*** Information provided Section Begins ***

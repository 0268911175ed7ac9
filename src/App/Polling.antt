-- ===== src/App/Polling.antt =====
-- main.rs: what the window shows after a poll of the status file.
use mac_os_sstp_client.Prelude.{
  ℕ, ◌≡◌, ◌⊎◌, ◌↔◌, inl, inr, refl, Option, none, Bool, true, false, not, ◌&&◌,
}
use mac_os_sstp_client.Ipc.{VpnStatusFile, PidT}
use mac_os_sstp_client.App.{
  VpnStatus, disconnected, connecting_status, connected, Window, worker_up, worker_gave_up, follow,
  after_follow, poll, attempt_if, is_disconnected, is_due,
}

-- An interface is only shown with a connection.
abbrev pub IsShown : Window → Type 0
IsShown x = (x.vpn_status ≡ connected) ⊎ (x.interface ≡ none)

module _ (kill : PidT → Option ℕ) where
  -- The state after a poll, for whether the worker is up.
  abbrev pub Follows : Bool → Window → Type 0
  Follows up x = IsShown x × ((x.vpn_status ≡ connected) ↔ (up ≡ true))

  follow-Follows :
      (up gave_up : Bool) (status : Option VpnStatusFile) (x : Window) (old : VpnStatus)
      → x.vpn_status ≡ old
      → IsShown x
      → Follows up (follow kill up gave_up status x old).0
  unfolding follow
  follow-Follows true gave_up status x connected q h = (inl q, ((λ e. refl), (λ e. q)))
  follow-Follows true gave_up status x connecting_status q h =
      (inl refl, ((λ e. refl), (λ e. refl)))
  follow-Follows true gave_up status x disconnected q h = (inl refl, ((λ e. refl), (λ e. refl)))
  follow-Follows false gave_up status x connected q h = (inr refl, ((λ e. cc), (λ e. cc)))
  follow-Follows false true status x connecting_status q (inl c) = cc
  follow-Follows false true status x connecting_status q (inr i) = (inr i, ((λ e. cc), (λ e. cc)))
  follow-Follows false false status x connecting_status q h = (h, ((λ e. cc), (λ e. cc)))
  follow-Follows false gave_up status x disconnected q h = (h, ((λ e. cc), (λ e. cc)))

  attempt-Follows :
      (now : ℕ) (up : Bool) (x : Window)
      → Follows up x
      → (b : Bool) → Follows up (attempt_if kill b now x).0
  attempt-Follows now up x h true = h
  attempt-Follows now up x h false = h

  after-Follows :
      (now : ℕ) (route_ok up : Bool) (r : Window × Bool)
      → Follows up r.0
      → Follows up (after_follow kill now route_ok (λ y. y) r).0
  after-Follows now route_ok up (x, true) h = h
  after-Follows now route_ok up (x, false) h =
      attempt-Follows now up x h
        (is_disconnected kill x.vpn_status && not route_ok && is_due kill now x.last_heal_attempt)

-- After a poll, with no change by the threads meanwhile, the window shows a connection exactly when the status file says that the worker is
-- connected and the worker's process is alive, whatever it showed before; and it keeps an interface
-- only with a connection.
pub poll-Follows :
    (kill : PidT → Option ℕ) (now : ℕ) (route_ok : Bool) (status : Option VpnStatusFile)
    (x : Window)
    → IsShown x
    → Follows kill (worker_up kill status) (poll kill now route_ok (λ y. y) status x).0
unfolding poll
poll-Follows kill now route_ok status x h =
    after-Follows kill now route_ok (worker_up kill status) _ (
      follow-Follows kill (worker_up kill status) (worker_gave_up kill status) status x x.vpn_status
        refl h)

*** Information provided Section Ends ***

Nothing should be dropped. Retype each line above as it is.

repository 0268911175ed7ac9
filename src/App/Polling.antt
-- ===== src/App/Polling.antt =====
-- main.rs: what the window shows after a poll of the status file.
use mac_os_sstp_client.Prelude.{
  ℕ, ◌≡◌, ◌⊎◌, ◌↔◌, inl, inr, refl, Option, none, Bool, true, false, not, ◌&&◌,
}
use mac_os_sstp_client.Ipc.{VpnStatusFile, PidT}
use mac_os_sstp_client.App.{
  VpnStatus, disconnected, connecting_status, connected, Window, worker_up, worker_gave_up, follow,
  after_follow, poll, attempt_if, is_disconnected, is_due,
}

-- An interface is only shown with a connection.
abbrev pub IsShown : Window → Type 0
IsShown x = (x.vpn_status ≡ connected) ⊎ (x.interface ≡ none)

module _ (kill : PidT → Option ℕ) where
  -- The state after a poll, for whether the worker is up.
  abbrev pub Follows : Bool → Window → Type 0
  Follows up x = IsShown x × ((x.vpn_status ≡ connected) ↔ (up ≡ true))

  follow-Follows :
      (up gave_up : Bool) (status : Option VpnStatusFile) (x : Window) (old : VpnStatus)
      → x.vpn_status ≡ old
      → IsShown x
      → Follows up (follow kill up gave_up status x old).0
  unfolding follow
  follow-Follows true gave_up status x connected q h = (inl q, ((λ e. refl), (λ e. q)))
  follow-Follows true gave_up status x connecting_status q h =
      (inl refl, ((λ e. refl), (λ e. refl)))
  follow-Follows true gave_up status x disconnected q h = (inl refl, ((λ e. refl), (λ e. refl)))
  follow-Follows false gave_up status x connected q h = (inr refl, ((λ e. cc), (λ e. cc)))
  follow-Follows false true status x connecting_status q (inl c) = cc
  follow-Follows false true status x connecting_status q (inr i) = (inr i, ((λ e. cc), (λ e. cc)))
  follow-Follows false false status x connecting_status q h = (h, ((λ e. cc), (λ e. cc)))
  follow-Follows false gave_up status x disconnected q h = (h, ((λ e. cc), (λ e. cc)))

  attempt-Follows :
      (now : ℕ) (up : Bool) (x : Window)
      → Follows up x
      → (b : Bool) → Follows up (attempt_if kill b now x).0
  attempt-Follows now up x h true = h
  attempt-Follows now up x h false = h

  after-Follows :
      (now : ℕ) (route_ok up : Bool) (r : Window × Bool)
      → Follows up r.0
      → Follows up (after_follow kill now route_ok (λ y. y) r).0
  after-Follows now route_ok up (x, true) h = h
  after-Follows now route_ok up (x, false) h =
      attempt-Follows now up x h
        (is_disconnected kill x.vpn_status && not route_ok && is_due kill now x.last_heal_attempt)

-- After a poll, with no change by the threads meanwhile, the window shows a connection exactly when the status file says that the worker is
-- connected and the worker's process is alive, whatever it showed before; and it keeps an interface
-- only with a connection.
pub poll-Follows :
    (kill : PidT → Option ℕ) (now : ℕ) (route_ok : Bool) (status : Option VpnStatusFile)
    (x : Window)
    → IsShown x
    → Follows kill (worker_up kill status) (poll kill now route_ok (λ y. y) status x).0
unfolding poll
poll-Follows kill now route_ok status x h =
    after-Follows kill now route_ok (worker_up kill status) _ (
      follow-Follows kill (worker_up kill status) (worker_gave_up kill status) status x x.vpn_status
        refl h)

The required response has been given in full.